The heart of Richmond is beating slower than it has in its past. Its veins have become weary and drained, struggling to support the lifeblood of a city as it moves beneath its skyscrapers.

Broad Street, once a neon and halogen Broadway below the Mason-Dixon line, is now a decrepit and boarded-up stretch of abandoned storefronts. Gutters littered with trash and beat-up paper boxes dot the street. It is a sad shell of its former self, though the city government could not care less about the destitution right outside their windows.

Even though the state Capitol, city hall, the federal courts and other prominent buildings are found in the area, Broad Street still suffers. One cannot deny the reason though, the same reason many historic cities have suffered since the latter part of the 20th century.

The exodus to the suburbs by families and the chain stores that followed them to Willow Lawn and the West End has killed the downtown department stores and independent businesses that once flourished between Jackson Ward and Shockoe Bottom. The higher-ups in Richmond have traded their once-illustrious Broad Street for the cheap and lifeless facades of strip malls and big-box stores.

The mess that is found at the Richmond-Henrico border is an endless sprawl of hot asphalt and post-modernism and another expression of the wastefulness and architectural ineptness that dominated the second half of the previous century.

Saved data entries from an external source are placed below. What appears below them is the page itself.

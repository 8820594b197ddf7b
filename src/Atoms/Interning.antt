-- ===== src/Atoms/Interning.antt =====
-- The equality of atoms, and that of their texts.
use mathlib.Core.Path.{subst}
use glsld.Prelude.{
  ℕ, zero, suc, ◌≡◌, ◌↔◌, refl, sym, ap, ◌∙◌, Bool, true, false, List, [], ◌∷◌, ◌++◌, Option, none,
  some, ◌==◌, get_elem?, length, if◌then◌else◌, Bool-cases, inl, inr, Each, if_cases,
}
use glsld.Token.{Bytes, text_eq, text_eq_iff}
use glsld.Atoms.{
  AtomString, AtomTable, c_string, find_atom, assign_atom, add_atom, found_or_added, get_atom,
  get_atoms,
}

-- A text in which no null character stands.
abbrev pub IsCText : Bytes → Type 0
IsCText s = Each (λ ch. (ch == 0) ≡ false) s

c_string-IsCText : (s : Bytes) → IsCText s → c_string s ≡ s
unfolding c_string
c_string-IsCText [] h = refl
c_string-IsCText (ch ∷ s) h = rw (h.0) (ap (λ r. ch ∷ r) (c_string-IsCText s h.1))

-- Every pointer of the table points to the text that it is stored under.
abbrev pub IsInterned : AtomTable → Type 0
IsInterned t =
    (s : Bytes) (p : ℕ) → find_atom t.atom_lookup s ≡ some p → get_elem? t.arena p ≡ some s

find-assign :
    (key s : Bytes) (p : ℕ) (m : List (Bytes × ℕ))
    → find_atom (assign_atom key p m) s ≡ (if text_eq key s then some p else find_atom m s)
unfolding find_atom assign_atom
find-assign key s p [] = refl
find-assign key s p ((k, q) ∷ m) = elim (Bool-cases (text_eq k key)) [
  | inl e ↦
      rw (assign_atom, e)
        (replaced (text_eq k s) (text_eq key s) (ap (λ x. text_eq x s) ((text_eq_iff k key).0 e)))
  | inr e ↦
      rw (assign_atom, e)
        (ap (λ o. if text_eq k s then some q else o) (find-assign key s p m)
          ∙ kept (text_eq k s) (text_eq key s) (apart e))
]
  where
    replaced :
        (a b : Bool)
        → a ≡ b
        → (if a then some p else find_atom m s)
          ≡ (if b then some p else if a then some q else find_atom m s)
    replaced true true h = refl
    replaced false false h = refl
    replaced true false h = cc
    replaced false true h = cc

    apart : text_eq k key ≡ false → text_eq k s ≡ true → text_eq key s ≡ true → ⊥
    apart e f g =
        let same : k ≡ key = (text_eq_iff k s).0 f ∙ sym ((text_eq_iff key s).0 g) in
        differ (sym e ∙ (text_eq_iff k key).1 same)
      where
        differ : false ≡ true → ⊥
        differ h = cc

    kept :
        (a b : Bool)
        → (a ≡ true → b ≡ true → ⊥)
        → (if a then some q else if b then some p else find_atom m s)
          ≡ (if b then some p else if a then some q else find_atom m s)
    kept true true h = absurd (h refl refl)
    kept true false h = refl
    kept false b h = refl

get_elem?-append :
    (xs : List Bytes) (y x : Bytes) (p : ℕ)
    → get_elem? xs p ≡ some x
    → get_elem? (xs ++ (y ∷ [])) p ≡ some x
get_elem?-append [] y x p h = cc
get_elem?-append (z ∷ xs) y x zero h = h
get_elem?-append (z ∷ xs) y x (suc p) h = get_elem?-append xs y x p h

get_elem?-last : (xs : List Bytes) (y : Bytes) → get_elem? (xs ++ (y ∷ [])) (length xs) ≡ some y
get_elem?-last [] y = refl
get_elem?-last (x ∷ xs) y = get_elem?-last xs y

-- The atom of a text in a table.
abbrev IsAtom : AtomTable → AtomString → Bytes → Type 0
IsAtom t none s = ⊥
IsAtom t (some p) s = find_atom t.atom_lookup s ≡ some p

-- What `GetAtom` leaves behind: an interned table that has the atom, and every atom it had before.
record Interns (s : Bytes) (t : AtomTable) (r : AtomString × AtomTable) : Type 0 where
  interned : IsInterned r.1
  has : IsAtom r.1 r.0 s
  keeps : (a : AtomString) (u : Bytes) → IsAtom t a u → IsAtom r.1 a u

find_key :
    (key : Bytes) (p : ℕ) (m : List (Bytes × ℕ)) → find_atom (assign_atom key p m) key ≡ some p
find_key key p m = find-assign key key p m ∙ rw ((text_eq_iff key key).1 refl) refl

added-Interns :
    (s : Bytes) (t : AtomTable)
    → IsCText s
    → IsInterned t
    → find_atom t.atom_lookup s ≡ none
    → Interns s t (add_atom s t)
added-Interns s t c i e = record {
  interned = λ u q h. by_test u q (text_eq s u) refl (sym (found u) ∙ h);
  has = ap (λ k. find_atom (assign_atom k p m) s) (c_string-IsCText s c) ∙ find_key s p m;
  keeps = still;
}
  where
    p : ℕ
    p = length t.arena

    m : List (Bytes × ℕ)
    m = t.atom_lookup

    found :
        (u : Bytes)
        → find_atom (assign_atom (c_string s) (length t.arena) t.atom_lookup) u
          ≡ (if text_eq s u then some (length t.arena) else find_atom t.atom_lookup u)
    found u =
        ap (λ k. find_atom (assign_atom k (length t.arena) t.atom_lookup) u) (c_string-IsCText s c)
        ∙ find-assign s u (length t.arena) t.atom_lookup

    by_test :
        (u : Bytes) (q : ℕ) (b : Bool)
        → text_eq s u ≡ b
        → (if b then some (length t.arena) else find_atom t.atom_lookup u) ≡ some q
        → get_elem? (t.arena ++ (s ∷ [])) q ≡ some u
    by_test u q true f h =
        sym (ap (λ o. or_none o) h)
        ∙ get_elem?-last t.arena s
        ∙ ap (λ x. some x) ((text_eq_iff s u).0 f)
      where
        or_none : Option ℕ → Option Bytes
        or_none none = none
        or_none (some k) = get_elem? (t.arena ++ (s ∷ [])) k
    by_test u q false f h = get_elem?-append t.arena s u q (i u q h)

    unfound : (u : Bytes) (q : ℕ) → find_atom t.atom_lookup u ≡ some q → text_eq s u ≡ true → ⊥
    unfound u q h f =
        let g : none ≡ some q = sym e ∙ ap (find_atom t.atom_lookup) ((text_eq_iff s u).0 f) ∙ h in
        cc

    still : (a : AtomString) (u : Bytes) → IsAtom t a u → IsAtom (add_atom s t).1 a u
    still none u h = absurd h
    still (some q) u h =
        found u
        ∙ if_cases (λ o. o ≡ some q) (text_eq s u) (some (length t.arena))
            (find_atom t.atom_lookup u) (λ f. absurd (unfound u q h f)) (λ f. h)

get_atom-Interns :
    (s : Bytes) (t : AtomTable) → IsCText s → IsInterned t → Interns s t (get_atom s t)
unfolding get_atom
get_atom-Interns s t c i = by_look_up (find_atom t.atom_lookup s) refl
  where
    by_look_up : (o : Option ℕ) → find_atom t.atom_lookup s ≡ o → Interns s t (found_or_added s t o)
    by_look_up none e = added-Interns s t c i e
    by_look_up (some p) e = record { interned = i; has = e; keeps = λ a u h. h }

abbrev AreAtoms : AtomTable → List (Bytes × AtomString) → Type 0
AreAtoms t ats = Each (λ (a : Bytes × AtomString). IsAtom t a.1 a.0) ats

record AllInterned (t : AtomTable) (r : List (Bytes × AtomString) × AtomTable) : Type 0 where
  interned : IsInterned r.1
  atoms : AreAtoms r.1 r.0
  keeps : (a : AtomString) (u : Bytes) → IsAtom t a u → IsAtom r.1 a u

get_atoms-AllInterned :
    (ss : List Bytes) (t : AtomTable)
    → Each IsCText ss
    → IsInterned t
    → AllInterned t (get_atoms ss t)
unfolding get_atoms
get_atoms-AllInterned [] t c i = record { interned = i; atoms = tt; keeps = λ a u h. h }
get_atoms-AllInterned (s ∷ ss) t c i =
    let one = get_atom-Interns s t c.0 i in
    let rest = get_atoms-AllInterned ss (get_atom s t).1 c.1 one.interned in
    record {
      interned = rest.interned;
      atoms = (rest.keeps (get_atom s t).0 s one.has, rest.atoms);
      keeps = λ a u h. rest.keeps a u (one.keeps a u h);
    }

same_atom :
    (t : AtomTable) (a b : AtomString) (s u : Bytes)
    → IsInterned t
    → IsAtom t a s
    → IsAtom t b u
    → (a ≡ b) ↔ (s ≡ u)
same_atom t none b s u i h k = absurd h
same_atom t (some p) none s u i h k = absurd k
same_atom t (some p) (some q) s u i h k = (
  (λ e. some_text s u (sym (i s p h) ∙ ap (λ o. text_of o) e ∙ i u q k)),
  (λ e. sym h ∙ ap (find_atom t.atom_lookup) e ∙ k),
)
  where
    text_of : Option ℕ → Option Bytes
    text_of none = none
    text_of (some p) = get_elem? t.arena p

    some_text : (x y : Bytes) → ◌≡◌ {A = Option Bytes} (some x) (some y) → x ≡ y
    some_text x y e = cc

get_elem?-Each :
    (P : Bytes × AtomString → Type 0) (ats : List (Bytes × AtomString)) (i : ℕ)
    (a : Bytes × AtomString)
    → Each P ats
    → get_elem? ats i ≡ some a
    → P a
get_elem?-Each P [] i a h e = cc
get_elem?-Each P (b ∷ ats) zero a h e = subst P (some_pair e) h.0
  where
    some_pair : ◌≡◌ {A = Option (Bytes × AtomString)} (some b) (some a) → b ≡ a
    some_pair e = cc
get_elem?-Each P (b ∷ ats) (suc i) a h e = get_elem?-Each P ats i a h.1 e

-- Of all atoms that a table gives for texts without null characters, two are the same pointer exactly
-- if their texts are the same, also if atoms were added in between.
pub get_atoms_iff :
    (ss : List Bytes) (t : AtomTable) (i j : ℕ) (x y : Bytes × AtomString)
    → Each IsCText ss
    → IsInterned t
    → get_elem? (get_atoms ss t).0 i ≡ some x
    → get_elem? (get_atoms ss t).0 j ≡ some y
    → (x.1 ≡ y.1) ↔ (x.0 ≡ y.0)
get_atoms_iff ss t i j x y c w e f =
    let r = get_atoms-AllInterned ss t c w in
    let P = λ (a : Bytes × AtomString). IsAtom (get_atoms ss t).1 a.1 a.0 in
    same_atom (get_atoms ss t).1 x.1 y.1 x.0 y.0 r.interned
      (get_elem?-Each P (get_atoms ss t).0 i x r.atoms e)
      (get_elem?-Each P (get_atoms ss t).0 j y r.atoms f)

Mass transit is limited to a few bus stations, and the streets are jammed with cars. The cultural venues are limited to cinemas showing Hollywood movies and the Barksdale Theatre, which claims to be “Central VA’s Leading Professional Theatre,” sadly found sandwiched in an outdoor shopping mall between a video game shop and a military recruiting station.

There was also a time in which people actually lived in the now empty towers that loom over Broad. Today it isn’t surprising that one wouldn’t live anywhere near the crime that is attracted to the few struggling pawnshops and convenience stores.

Still the city does nothing to revitalize the area and attract residents. Thus it falls into disrepair and draws squatters and drug pushers to its alleys and vacant structures.

The options to revitalize the historic and once prominent downtown are great, however.

This has been seen before in the case of The National and the Carpenter Center, two once-prominent entertainment venues in the early 20th century that were saved from the wrecking ball by the efforts of private companies and foundations. The city gave these groups incentives to restore the historic structures, and today their marquees boast big-name acts and draw droves.

The city must again give reasons for investors and developers to make changes in downtown Richmond, offering tax breaks or other real economic incentives to take up the project of refurbishing the blocks of abandoned storefronts.

There has been talk of an artistic district in this very area of Broad Street, encouraging galleries and businesses that cater to artists and aficionados to take up residence. Even expanding public transit is an option. However, when a city has become so much in need of economic growth, the answer is not to simply mail checks to everybody in a particular income bracket at the expense of taxpayers, it is to offer real incentives to possible businesses and residents.

Broad Street will continue to suffer as long as the businesses become scarcer and the residents keep away, so the solution would simply be to attract them to the area.

Until the city government takes proactive measures to completely revitalize the downtown area, Richmonders will be stuck in urban paralysis.

This stagnant state of mind has been in the River City for decades and will not be changed unless an actual effort is made on the part of community leaders and elected officials.